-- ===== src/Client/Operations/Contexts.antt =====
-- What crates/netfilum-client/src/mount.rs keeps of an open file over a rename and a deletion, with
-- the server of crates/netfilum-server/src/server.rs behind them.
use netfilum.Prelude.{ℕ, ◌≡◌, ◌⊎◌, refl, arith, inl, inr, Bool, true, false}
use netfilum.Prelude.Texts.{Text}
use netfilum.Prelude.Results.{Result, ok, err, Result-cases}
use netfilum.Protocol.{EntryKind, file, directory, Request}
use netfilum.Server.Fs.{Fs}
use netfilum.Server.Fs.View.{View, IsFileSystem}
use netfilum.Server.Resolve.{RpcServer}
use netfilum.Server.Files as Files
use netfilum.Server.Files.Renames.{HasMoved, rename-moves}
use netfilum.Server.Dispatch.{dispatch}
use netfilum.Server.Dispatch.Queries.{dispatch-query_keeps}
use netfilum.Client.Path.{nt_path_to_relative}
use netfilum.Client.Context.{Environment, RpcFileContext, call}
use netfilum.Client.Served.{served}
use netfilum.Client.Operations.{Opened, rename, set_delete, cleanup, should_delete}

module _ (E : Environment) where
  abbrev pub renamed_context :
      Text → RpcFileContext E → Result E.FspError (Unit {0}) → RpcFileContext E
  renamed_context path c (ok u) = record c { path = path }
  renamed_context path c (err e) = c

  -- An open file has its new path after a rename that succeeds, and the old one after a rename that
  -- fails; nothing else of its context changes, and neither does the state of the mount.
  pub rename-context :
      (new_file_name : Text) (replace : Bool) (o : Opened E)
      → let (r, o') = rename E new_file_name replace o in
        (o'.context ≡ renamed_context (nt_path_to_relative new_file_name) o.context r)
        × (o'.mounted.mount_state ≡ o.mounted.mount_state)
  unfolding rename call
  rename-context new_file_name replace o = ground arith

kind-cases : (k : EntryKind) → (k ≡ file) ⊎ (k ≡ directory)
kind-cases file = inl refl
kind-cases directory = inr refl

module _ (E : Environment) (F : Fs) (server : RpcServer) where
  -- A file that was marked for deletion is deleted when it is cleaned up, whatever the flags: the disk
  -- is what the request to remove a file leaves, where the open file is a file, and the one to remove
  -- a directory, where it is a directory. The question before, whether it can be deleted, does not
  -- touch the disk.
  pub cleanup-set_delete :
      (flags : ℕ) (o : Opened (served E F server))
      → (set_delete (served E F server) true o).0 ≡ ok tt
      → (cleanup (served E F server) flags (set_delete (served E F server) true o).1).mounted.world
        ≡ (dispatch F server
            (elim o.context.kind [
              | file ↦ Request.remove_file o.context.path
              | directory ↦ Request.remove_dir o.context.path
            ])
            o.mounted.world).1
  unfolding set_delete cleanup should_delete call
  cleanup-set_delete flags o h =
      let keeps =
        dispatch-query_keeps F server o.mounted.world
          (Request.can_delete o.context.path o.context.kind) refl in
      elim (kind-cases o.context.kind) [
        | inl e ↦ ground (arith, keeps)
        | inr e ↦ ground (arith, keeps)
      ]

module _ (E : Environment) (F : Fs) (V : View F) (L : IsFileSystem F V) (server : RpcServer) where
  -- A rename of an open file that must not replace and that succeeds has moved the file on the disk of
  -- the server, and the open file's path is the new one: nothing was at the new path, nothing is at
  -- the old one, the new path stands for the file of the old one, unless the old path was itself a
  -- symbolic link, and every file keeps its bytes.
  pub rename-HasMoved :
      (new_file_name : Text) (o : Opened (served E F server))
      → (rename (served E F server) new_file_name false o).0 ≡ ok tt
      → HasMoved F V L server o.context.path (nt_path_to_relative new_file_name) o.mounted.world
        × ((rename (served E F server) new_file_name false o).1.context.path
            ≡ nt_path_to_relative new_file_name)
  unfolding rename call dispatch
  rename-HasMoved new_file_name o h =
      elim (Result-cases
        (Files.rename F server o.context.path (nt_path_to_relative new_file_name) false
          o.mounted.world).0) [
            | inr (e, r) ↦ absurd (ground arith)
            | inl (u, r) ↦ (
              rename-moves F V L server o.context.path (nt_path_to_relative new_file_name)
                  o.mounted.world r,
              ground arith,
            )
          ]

● ● ● ● ● ● ●

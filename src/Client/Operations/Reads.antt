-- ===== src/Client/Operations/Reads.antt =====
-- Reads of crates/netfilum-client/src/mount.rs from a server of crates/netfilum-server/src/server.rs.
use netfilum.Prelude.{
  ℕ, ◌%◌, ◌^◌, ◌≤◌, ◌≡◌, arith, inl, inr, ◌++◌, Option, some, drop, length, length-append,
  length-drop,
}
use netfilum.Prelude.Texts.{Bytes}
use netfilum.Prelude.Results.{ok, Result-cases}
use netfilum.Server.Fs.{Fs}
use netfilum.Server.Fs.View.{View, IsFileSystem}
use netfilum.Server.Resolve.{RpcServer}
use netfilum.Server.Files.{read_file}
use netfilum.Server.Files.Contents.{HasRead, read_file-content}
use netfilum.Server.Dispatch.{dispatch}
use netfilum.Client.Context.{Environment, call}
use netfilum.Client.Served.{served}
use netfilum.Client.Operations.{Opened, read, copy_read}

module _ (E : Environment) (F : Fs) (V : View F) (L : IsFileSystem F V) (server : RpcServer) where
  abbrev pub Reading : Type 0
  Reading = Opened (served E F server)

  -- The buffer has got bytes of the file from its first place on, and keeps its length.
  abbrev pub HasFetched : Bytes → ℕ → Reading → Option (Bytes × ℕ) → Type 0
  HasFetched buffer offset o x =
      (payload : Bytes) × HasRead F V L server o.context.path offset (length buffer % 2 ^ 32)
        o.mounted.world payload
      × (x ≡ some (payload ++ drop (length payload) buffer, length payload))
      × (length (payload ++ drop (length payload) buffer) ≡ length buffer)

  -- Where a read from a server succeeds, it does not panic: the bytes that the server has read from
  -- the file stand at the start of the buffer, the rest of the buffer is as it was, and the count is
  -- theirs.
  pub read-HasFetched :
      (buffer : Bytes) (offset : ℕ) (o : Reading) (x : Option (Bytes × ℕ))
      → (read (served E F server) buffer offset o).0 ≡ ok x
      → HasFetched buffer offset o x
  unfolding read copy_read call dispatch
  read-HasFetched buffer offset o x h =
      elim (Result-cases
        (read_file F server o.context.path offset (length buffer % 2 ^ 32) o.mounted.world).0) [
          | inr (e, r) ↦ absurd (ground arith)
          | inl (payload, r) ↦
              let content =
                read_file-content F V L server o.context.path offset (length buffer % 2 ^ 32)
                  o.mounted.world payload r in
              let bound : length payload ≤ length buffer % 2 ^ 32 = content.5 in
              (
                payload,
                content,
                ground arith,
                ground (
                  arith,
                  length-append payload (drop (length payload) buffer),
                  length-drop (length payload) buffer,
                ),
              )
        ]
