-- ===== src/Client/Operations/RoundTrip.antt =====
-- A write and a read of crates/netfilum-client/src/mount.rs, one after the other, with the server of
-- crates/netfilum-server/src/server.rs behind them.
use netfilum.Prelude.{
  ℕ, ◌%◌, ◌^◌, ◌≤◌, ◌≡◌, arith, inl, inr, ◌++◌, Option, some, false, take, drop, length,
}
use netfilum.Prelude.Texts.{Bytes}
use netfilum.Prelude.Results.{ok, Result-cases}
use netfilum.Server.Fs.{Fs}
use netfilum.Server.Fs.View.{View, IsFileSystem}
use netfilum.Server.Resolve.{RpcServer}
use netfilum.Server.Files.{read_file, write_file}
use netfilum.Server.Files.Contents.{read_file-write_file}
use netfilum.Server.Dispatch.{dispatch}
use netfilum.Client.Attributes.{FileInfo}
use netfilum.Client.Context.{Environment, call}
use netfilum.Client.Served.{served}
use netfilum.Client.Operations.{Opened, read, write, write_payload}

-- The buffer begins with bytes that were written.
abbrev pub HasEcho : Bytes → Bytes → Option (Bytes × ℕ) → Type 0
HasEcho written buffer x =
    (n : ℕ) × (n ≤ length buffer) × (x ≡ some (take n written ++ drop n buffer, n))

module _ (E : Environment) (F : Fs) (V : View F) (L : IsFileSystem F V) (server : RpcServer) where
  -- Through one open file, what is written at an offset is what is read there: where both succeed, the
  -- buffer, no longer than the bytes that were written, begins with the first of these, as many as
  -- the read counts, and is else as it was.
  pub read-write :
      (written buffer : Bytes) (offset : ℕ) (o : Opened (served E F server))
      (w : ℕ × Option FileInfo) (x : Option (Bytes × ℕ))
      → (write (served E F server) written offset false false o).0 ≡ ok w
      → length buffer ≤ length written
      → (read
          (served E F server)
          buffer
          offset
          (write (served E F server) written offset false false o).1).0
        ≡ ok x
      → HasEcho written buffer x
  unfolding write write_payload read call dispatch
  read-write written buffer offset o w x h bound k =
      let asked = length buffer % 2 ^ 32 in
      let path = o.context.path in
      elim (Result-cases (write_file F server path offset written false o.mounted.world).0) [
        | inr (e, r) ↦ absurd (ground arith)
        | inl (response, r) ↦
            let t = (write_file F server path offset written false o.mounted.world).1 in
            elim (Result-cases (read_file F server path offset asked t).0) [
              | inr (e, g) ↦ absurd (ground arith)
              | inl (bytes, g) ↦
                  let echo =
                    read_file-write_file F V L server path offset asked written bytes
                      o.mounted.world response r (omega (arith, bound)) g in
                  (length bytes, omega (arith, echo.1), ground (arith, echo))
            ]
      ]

● ● ● ● ● ● ●

## The problem
The lines above that hold the word "Type" are the ones to copy.

## Exercise answer
  abbrev pub Reading : Type 0
  abbrev pub HasFetched : Bytes → ℕ → Reading → Option (Bytes × ℕ) → Type 0
abbrev pub HasEcho : Bytes → Bytes → Option (Bytes × ℕ) → Type 0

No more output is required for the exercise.